### TASK DESCRIPTION
Please report how many lines of the data include the word "trim", with the number as the entire reply.

### RECORDS PROVIDED
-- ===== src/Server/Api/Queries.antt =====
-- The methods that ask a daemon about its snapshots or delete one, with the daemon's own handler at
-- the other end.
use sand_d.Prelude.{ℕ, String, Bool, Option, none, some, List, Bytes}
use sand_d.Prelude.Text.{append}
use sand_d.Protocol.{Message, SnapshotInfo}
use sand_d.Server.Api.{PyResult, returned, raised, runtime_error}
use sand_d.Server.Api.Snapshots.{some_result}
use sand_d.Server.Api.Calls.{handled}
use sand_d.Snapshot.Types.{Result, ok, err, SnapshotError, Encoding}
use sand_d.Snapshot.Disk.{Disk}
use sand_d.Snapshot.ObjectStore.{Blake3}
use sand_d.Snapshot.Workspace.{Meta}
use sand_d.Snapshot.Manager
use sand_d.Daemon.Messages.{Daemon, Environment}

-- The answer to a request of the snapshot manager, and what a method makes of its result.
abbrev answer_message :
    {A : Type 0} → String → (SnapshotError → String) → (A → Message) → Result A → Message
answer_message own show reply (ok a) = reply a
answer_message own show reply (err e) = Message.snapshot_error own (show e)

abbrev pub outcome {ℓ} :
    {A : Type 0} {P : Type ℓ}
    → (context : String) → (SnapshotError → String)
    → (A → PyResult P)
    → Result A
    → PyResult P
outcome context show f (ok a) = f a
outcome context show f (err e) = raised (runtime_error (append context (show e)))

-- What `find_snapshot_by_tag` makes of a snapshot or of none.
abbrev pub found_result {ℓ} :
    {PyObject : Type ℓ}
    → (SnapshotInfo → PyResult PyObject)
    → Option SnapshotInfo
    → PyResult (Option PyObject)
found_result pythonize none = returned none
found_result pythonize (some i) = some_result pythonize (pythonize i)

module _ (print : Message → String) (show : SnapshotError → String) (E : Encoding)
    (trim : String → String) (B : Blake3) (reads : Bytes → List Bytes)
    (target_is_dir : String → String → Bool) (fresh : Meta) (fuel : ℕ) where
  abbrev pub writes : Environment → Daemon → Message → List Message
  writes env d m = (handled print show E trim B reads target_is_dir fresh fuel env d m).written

### RESPONSE
2